ASSIGNED TASK
Lines from the entries below that hold "rest" form the answer; copy all of them.

-*-

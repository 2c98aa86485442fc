-- ===== src/Golib/Runes.antt =====
-- unicode/utf8.RuneCountInString, and the zero padding of the verb %0ws of fmt, which counts runes.
use rekor.Base.{
  ℕ, zero, suc, ◌-◌, ◌<◌, ◌≡◌, refl, Bool, false, ◌&&◌, ◌||◌, [], ◌∷◌, ◌++◌, arith, leb, ltb, ◌==◌,
  if◌then◌else◌, length, replicate, All,
}
use rekor.Base.Bytes.{Bytes}

abbrev pub within : ℕ → ℕ → Bytes → Bool
within lo hi [] = false
within lo hi (c ∷ _) = leb lo c && leb c hi

abbrev pub rest : Bytes → Bytes
rest [] = []
rest (_ ∷ s) = s

-- The bytes behind the first one that belong to its rune: none where the encoding is not valid.
unfoldable pub followers : ℕ → Bytes → ℕ
followers c s =
    let second =
      if c == 0xe0
      then within 0xa0 0xbf s
      else if c == 0xed
      then within 0x80 0x9f s
      else if c == 0xf0
      then within 0x90 0xbf s
      else if c == 0xf4
      then within 0x80 0x8f s
      else within 0x80 0xbf s in
    let third = within 0x80 0xbf (rest s) in
    let fourth = within 0x80 0xbf (rest (rest s)) in
    if ltb c 0xc2 || ltb 0xf4 c
    then 0
    else if ltb c 0xe0
    then (if second then 1 else 0)
    else if ltb c 0xf0
    then (if second && third then 2 else 0)
    else if second && third && fourth
    then 3
    else 0

-- `skip` bytes belong to the rune that is counted.
unfoldable pub count_from : ℕ → Bytes → ℕ
count_from skip [] = 0
count_from zero (c ∷ s) = suc (count_from (followers c s) s)
count_from (suc skip) (c ∷ s) = count_from skip s

unfoldable pub rune_count : Bytes → ℕ
rune_count s = count_from 0 s

-- fmt.Sprintf("%0ws", s)
unfoldable pub pad_zeros : ℕ → Bytes → Bytes
pad_zeros w s = replicate (w - rune_count s) b'0' ++ s

pub rune_count_ascii : (s : Bytes) → All (λ c. c < 128) s → rune_count s ≡ length s
unfolding rune_count count_from followers
rune_count_ascii [] _ = refl
rune_count_ascii (c ∷ s) (hc, hs) = ground (arith, rune_count_ascii s hs)

two_runes : rune_count (0xe2 ∷ 0x80 ∷ 0x94 ∷ 0xe2 ∷ []) ≡ 2
unfolding rune_count count_from followers
two_runes = refl
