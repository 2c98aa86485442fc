-- ===== src/Sharding/EntryId.antt =====
-- pkg/sharding/sharding.go: an entry id is the hexadecimal id of a tree and the UUID of a leaf.
pub mod Reading
pub mod Writing
mod Examples
use rekor.Base.{
  ℕ, ◌-◌, Bool, true, false, ◌&&◌, ◌||◌, List, [], ◌++◌, Option, none, some, ltb, ◌==◌,
  if◌then◌else◌, length, take, drop, Result, ok, err, ◌>>=◌, ◌>>◌, guard,
}
use rekor.Base.Bytes.{Bytes}
use rekor.Base.Int64.{ℤ, pos, int_eq}
use rekor.Golib.Hex.{hex_decode}
use rekor.Golib.Num.{parse_int}
use rekor.Golib.Runes.{pad_zeros}

abbrev pub tree_id_hex_string_len : ℕ
tree_id_hex_string_len = 16

abbrev pub uuid_hex_string_len : ℕ
uuid_hex_string_len = 64

abbrev pub entry_id_hex_string_len : ℕ
entry_id_hex_string_len = 80

-- One constructor for each text that the functions report.
pub data Error : Type 0 where
  invalid_treeid_len : ℕ → Error
  invalid_uuid_len : ℕ → Error
  treeid_too_long : Bytes → Error
  not_hex : Bytes → Error
  invalid_id_len : ℕ → Bytes → Error
  not_int64 : Bytes → Error
  zero_tree_id : Error
  tree_id_len : ℕ → Error
  plain_uuid : Error

pub record EntryId : Type 0 where
  pub tree_id : Bytes
  pub uuid : Bytes

pub entry_id_string : EntryId → Bytes
entry_id_string e = e.tree_id ++ e.uuid

unfoldable pub pad_to_tree_id_len : Bytes → Result Error Bytes
pad_to_tree_id_len t =
    if length t == tree_id_hex_string_len
    then ok t
    else if ltb tree_id_hex_string_len (length t)
    then err (treeid_too_long t)
    else ok (pad_zeros 16 t)

-- The last 64 bytes of an entry id.
abbrev pub uuid_part : Bytes → Bytes
uuid_part id = drop (length id - uuid_hex_string_len) id

abbrev pub tree_id_part : Bytes → Bytes
tree_id_part id = take tree_id_hex_string_len id

-- The case of 64 bytes.
unfoldable pub validate_plain_uuid : Bytes → Result Error (Unit {0})
validate_plain_uuid u = elim (hex_decode u) [ none ↦ err (not_hex u) | some _ ↦ ok tt ]

-- The recursive call of the case of an entry id is on 64 bytes.
unfoldable pub validate_uuid : Bytes → Result Error (Unit {0})
validate_uuid u =
    if length u == entry_id_hex_string_len
    then validate_plain_uuid (uuid_part u)
    else if length u == uuid_hex_string_len
    then validate_plain_uuid u
    else err (invalid_id_len (length u) u)

abbrev nonzero : Bytes → Option ℤ → Result Error (Unit {0})
nonzero t none = err (not_int64 t)
nonzero t (some i) = if int_eq i (pos 0) then err zero_tree_id else ok tt

-- The case of 16 bytes.
unfoldable pub validate_plain_tree_id : Bytes → Result Error (Unit {0})
validate_plain_tree_id t = nonzero t (parse_int 16 t)

-- The recursive call of the case of an entry id is on 16 bytes.
unfoldable pub validate_tree_id : Bytes → Result Error (Unit {0})
validate_tree_id t =
    if length t == entry_id_hex_string_len
    then validate_plain_tree_id (tree_id_part t)
    else if length t == tree_id_hex_string_len
    then validate_plain_tree_id t
    else err (tree_id_len (length t))

unfoldable pub validate_entry_id : Bytes → Result Error (Unit {0})
validate_entry_id id = do validate_uuid id; validate_tree_id id

-- On an error the source also returns an empty `EntryID`.
unfoldable pub create_entry_id_from_parts : Bytes → Bytes → Result Error EntryId
create_entry_id_from_parts treeid uuid =
    if ltb tree_id_hex_string_len (length treeid)
    then err (invalid_treeid_len (length treeid))
    else if length uuid == uuid_hex_string_len
    then (do
      treeid_formatted ← pad_to_tree_id_len treeid
      validate_entry_id (treeid_formatted ++ uuid)
      ok (record { tree_id = treeid_formatted; uuid = uuid }))
    else err (invalid_uuid_len (length uuid))

-- The tree id 0 is forgiven: the UUID is returned all the same.
abbrev uuid_despite_zero : Bytes → Result Error (Unit {0}) → Result Error Bytes
uuid_despite_zero id (ok _) = ok (uuid_part id)
uuid_despite_zero id (err zero_tree_id) = ok (uuid_part id)
uuid_despite_zero id (err e) = err e

pub get_uuid_from_id_string : Bytes → Result Error Bytes
get_uuid_from_id_string id =
    if length id == uuid_hex_string_len
    then (do validate_uuid id; ok id)
    else if length id == entry_id_hex_string_len
    then uuid_despite_zero id (validate_entry_id id)
    else err (invalid_id_len (length id) id)

pub get_tree_id_from_id_string : Bytes → Result Error Bytes
get_tree_id_from_id_string id =
    if length id == uuid_hex_string_len
    then err plain_uuid
    else if length id == entry_id_hex_string_len || length id == tree_id_hex_string_len
    then (do validate_entry_id id; ok (tree_id_part id))
    else err (invalid_id_len (length id) id)

abbrev parsed : Bytes → Option ℤ → Result Error ℤ
parsed t none = err (not_int64 t)
parsed t (some i) = ok i

-- TreeID
pub tree_id_of : Bytes → Result Error ℤ
tree_id_of entry_id = do tid ← get_tree_id_from_id_string entry_id; parsed tid (parse_int 16 tid)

-*-

OUTPUT
abbrev pub rest : Bytes → Bytes
rest [] = []
rest (_ ∷ s) = s
    let third = within 0x80 0xbf (rest s) in
    let fourth = within 0x80 0xbf (rest (rest s)) in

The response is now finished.